Collected data
____

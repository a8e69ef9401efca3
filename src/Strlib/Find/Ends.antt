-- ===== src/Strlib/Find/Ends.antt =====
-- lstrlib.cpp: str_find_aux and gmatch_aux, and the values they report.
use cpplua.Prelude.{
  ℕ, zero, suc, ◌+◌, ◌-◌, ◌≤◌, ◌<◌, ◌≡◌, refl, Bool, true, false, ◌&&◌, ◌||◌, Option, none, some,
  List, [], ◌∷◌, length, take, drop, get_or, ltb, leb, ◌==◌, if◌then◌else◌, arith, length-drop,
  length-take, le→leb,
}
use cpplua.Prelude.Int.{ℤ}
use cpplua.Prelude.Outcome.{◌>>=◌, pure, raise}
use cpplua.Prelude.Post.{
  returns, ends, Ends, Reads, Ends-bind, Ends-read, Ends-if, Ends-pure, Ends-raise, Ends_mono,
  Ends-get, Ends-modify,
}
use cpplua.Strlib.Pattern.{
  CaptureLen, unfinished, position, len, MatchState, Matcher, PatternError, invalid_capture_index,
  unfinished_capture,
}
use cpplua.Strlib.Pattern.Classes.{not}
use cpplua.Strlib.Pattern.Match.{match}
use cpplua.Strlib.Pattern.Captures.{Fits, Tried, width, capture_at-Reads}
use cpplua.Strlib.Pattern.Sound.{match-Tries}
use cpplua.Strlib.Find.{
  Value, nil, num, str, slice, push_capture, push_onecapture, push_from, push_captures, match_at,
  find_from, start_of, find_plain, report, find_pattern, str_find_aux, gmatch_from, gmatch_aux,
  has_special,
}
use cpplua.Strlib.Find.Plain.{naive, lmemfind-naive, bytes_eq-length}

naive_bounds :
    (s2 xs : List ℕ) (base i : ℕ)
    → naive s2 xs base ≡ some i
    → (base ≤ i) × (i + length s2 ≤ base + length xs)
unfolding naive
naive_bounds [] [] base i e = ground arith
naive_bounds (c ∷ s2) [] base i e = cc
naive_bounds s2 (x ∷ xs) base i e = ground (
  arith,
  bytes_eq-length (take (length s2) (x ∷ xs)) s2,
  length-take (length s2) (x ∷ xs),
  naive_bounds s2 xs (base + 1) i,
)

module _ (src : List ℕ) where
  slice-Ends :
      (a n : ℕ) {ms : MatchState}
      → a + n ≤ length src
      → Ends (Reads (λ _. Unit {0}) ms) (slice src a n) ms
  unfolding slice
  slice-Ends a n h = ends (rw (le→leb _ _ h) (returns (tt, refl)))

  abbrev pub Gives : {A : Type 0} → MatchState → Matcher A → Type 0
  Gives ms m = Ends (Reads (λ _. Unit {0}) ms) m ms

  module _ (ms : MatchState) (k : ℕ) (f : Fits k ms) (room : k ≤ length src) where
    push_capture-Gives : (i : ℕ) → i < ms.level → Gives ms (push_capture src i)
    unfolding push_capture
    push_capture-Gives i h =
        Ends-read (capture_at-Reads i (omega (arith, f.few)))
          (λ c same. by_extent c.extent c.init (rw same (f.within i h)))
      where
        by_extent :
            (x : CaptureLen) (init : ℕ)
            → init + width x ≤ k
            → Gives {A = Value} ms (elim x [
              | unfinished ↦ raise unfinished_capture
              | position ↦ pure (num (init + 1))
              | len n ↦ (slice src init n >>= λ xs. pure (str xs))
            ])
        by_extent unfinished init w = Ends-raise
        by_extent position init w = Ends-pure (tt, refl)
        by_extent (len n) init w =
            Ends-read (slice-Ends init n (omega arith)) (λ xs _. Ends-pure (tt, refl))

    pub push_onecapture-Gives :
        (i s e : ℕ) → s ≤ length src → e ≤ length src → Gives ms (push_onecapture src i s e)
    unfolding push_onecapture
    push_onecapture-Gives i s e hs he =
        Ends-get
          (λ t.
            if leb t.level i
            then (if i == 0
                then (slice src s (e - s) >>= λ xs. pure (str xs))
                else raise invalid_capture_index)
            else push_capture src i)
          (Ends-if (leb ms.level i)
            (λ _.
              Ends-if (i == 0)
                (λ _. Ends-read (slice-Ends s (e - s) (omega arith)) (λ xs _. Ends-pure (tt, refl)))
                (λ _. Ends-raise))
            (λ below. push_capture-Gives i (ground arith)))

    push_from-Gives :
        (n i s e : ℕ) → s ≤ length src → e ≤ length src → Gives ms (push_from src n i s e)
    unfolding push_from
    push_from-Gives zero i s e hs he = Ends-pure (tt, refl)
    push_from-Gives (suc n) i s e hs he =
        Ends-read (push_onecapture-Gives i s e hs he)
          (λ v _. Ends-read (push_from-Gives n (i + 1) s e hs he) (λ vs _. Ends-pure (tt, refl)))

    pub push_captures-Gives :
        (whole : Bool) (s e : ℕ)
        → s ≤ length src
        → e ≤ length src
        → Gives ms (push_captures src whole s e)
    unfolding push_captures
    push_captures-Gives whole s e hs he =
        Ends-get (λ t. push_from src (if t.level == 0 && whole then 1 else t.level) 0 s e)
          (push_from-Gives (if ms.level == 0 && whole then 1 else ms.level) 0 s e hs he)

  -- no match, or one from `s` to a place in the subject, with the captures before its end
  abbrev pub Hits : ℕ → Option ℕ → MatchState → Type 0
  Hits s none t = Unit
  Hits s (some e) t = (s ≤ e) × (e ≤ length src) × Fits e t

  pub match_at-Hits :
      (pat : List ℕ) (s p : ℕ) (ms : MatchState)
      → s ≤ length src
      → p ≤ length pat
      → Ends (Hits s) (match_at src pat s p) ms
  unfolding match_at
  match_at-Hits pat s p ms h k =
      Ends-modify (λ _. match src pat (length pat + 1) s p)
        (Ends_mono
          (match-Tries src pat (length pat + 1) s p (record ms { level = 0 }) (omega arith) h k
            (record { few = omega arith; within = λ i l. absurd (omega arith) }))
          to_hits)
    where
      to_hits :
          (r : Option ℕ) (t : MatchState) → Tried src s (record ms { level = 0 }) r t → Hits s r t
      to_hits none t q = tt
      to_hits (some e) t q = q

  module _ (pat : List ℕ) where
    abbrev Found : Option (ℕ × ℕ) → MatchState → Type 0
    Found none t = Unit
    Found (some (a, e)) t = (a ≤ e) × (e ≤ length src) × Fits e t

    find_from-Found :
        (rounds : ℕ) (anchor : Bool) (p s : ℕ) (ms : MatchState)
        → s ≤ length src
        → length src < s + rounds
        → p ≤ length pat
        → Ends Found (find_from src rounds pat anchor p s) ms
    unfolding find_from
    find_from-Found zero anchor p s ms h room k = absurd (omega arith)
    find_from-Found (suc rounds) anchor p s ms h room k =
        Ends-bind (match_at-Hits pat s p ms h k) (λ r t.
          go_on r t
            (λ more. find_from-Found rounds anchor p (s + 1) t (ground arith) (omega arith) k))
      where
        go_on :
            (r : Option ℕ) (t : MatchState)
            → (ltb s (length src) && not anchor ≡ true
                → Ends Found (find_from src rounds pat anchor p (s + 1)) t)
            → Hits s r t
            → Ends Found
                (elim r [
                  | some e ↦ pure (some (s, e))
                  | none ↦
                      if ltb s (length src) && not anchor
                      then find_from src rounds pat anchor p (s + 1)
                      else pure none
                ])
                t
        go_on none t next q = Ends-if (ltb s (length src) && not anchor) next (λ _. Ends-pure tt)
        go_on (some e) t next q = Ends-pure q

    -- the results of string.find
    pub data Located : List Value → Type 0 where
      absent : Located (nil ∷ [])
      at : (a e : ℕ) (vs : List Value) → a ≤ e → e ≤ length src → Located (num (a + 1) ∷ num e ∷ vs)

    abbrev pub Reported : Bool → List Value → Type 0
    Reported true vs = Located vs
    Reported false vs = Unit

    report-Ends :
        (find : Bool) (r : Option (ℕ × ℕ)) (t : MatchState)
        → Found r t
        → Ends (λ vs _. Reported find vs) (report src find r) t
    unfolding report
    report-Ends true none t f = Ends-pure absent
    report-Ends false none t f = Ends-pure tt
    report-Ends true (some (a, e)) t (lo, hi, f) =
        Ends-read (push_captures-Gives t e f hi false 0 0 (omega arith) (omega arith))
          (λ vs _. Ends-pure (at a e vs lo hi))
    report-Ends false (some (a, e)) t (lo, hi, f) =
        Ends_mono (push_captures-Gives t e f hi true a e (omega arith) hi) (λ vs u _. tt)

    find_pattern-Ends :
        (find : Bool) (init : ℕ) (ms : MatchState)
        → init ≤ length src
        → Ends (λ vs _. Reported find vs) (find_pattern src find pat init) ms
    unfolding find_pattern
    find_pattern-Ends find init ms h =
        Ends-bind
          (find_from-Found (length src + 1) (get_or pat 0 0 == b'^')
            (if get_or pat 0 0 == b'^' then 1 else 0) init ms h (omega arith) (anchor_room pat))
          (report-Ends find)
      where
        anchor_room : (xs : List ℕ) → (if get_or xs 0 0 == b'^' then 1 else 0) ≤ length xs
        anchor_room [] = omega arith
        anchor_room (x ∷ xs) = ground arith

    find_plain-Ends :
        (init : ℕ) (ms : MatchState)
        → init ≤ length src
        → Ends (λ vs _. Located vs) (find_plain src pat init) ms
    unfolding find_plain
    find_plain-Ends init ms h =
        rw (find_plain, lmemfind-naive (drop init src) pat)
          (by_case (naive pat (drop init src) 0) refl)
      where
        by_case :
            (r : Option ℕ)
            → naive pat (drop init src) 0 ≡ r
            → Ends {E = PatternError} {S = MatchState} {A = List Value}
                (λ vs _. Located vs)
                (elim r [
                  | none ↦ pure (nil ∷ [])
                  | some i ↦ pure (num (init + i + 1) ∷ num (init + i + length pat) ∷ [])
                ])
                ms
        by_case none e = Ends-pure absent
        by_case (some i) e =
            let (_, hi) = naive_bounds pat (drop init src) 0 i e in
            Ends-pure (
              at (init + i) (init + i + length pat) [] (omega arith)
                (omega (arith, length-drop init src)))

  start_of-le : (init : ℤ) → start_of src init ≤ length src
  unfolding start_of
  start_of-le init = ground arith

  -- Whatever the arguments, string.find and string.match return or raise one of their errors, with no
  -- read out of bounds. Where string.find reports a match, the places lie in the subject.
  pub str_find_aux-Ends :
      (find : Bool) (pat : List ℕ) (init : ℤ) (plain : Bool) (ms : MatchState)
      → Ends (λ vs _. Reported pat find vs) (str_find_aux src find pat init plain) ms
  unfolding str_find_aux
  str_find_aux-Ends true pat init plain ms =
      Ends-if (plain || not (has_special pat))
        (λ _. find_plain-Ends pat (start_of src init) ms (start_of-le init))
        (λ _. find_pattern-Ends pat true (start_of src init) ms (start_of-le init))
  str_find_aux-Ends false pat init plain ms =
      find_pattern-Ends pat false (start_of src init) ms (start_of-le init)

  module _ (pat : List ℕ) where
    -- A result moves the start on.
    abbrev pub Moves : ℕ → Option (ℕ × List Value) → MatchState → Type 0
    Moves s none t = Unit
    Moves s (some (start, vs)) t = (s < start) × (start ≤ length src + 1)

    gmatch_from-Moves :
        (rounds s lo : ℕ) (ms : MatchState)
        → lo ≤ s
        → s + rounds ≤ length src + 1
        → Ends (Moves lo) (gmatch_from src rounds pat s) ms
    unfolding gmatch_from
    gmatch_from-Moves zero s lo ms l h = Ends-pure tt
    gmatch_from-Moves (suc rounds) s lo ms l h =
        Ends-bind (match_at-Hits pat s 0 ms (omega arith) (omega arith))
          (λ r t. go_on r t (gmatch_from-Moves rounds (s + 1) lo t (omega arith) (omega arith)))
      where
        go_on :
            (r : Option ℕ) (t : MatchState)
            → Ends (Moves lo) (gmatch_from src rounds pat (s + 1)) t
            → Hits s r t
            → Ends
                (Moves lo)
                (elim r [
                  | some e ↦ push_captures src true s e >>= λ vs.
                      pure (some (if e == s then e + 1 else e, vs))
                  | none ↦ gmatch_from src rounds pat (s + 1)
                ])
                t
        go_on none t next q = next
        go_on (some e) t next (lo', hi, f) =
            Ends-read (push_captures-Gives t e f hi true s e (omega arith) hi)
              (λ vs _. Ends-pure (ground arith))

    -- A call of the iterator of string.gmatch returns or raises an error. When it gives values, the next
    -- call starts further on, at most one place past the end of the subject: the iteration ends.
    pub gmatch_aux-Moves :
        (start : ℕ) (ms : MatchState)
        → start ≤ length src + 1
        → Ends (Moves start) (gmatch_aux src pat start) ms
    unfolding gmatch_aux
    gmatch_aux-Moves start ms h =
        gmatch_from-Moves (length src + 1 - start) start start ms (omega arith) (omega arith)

____

- WHAT IS REQUIRED
Go line by line through the data above and report each one that holds the string "base".

- RESULT FOR THIS EXERCISE
    (s2 xs : List ℕ) (base i : ℕ)
    → naive s2 xs base ≡ some i
    → (base ≤ i) × (i + length s2 ≤ base + length xs)
naive_bounds [] [] base i e = ground arith
naive_bounds (c ∷ s2) [] base i e = cc
naive_bounds s2 (x ∷ xs) base i e = ground (
  naive_bounds s2 xs (base + 1) i,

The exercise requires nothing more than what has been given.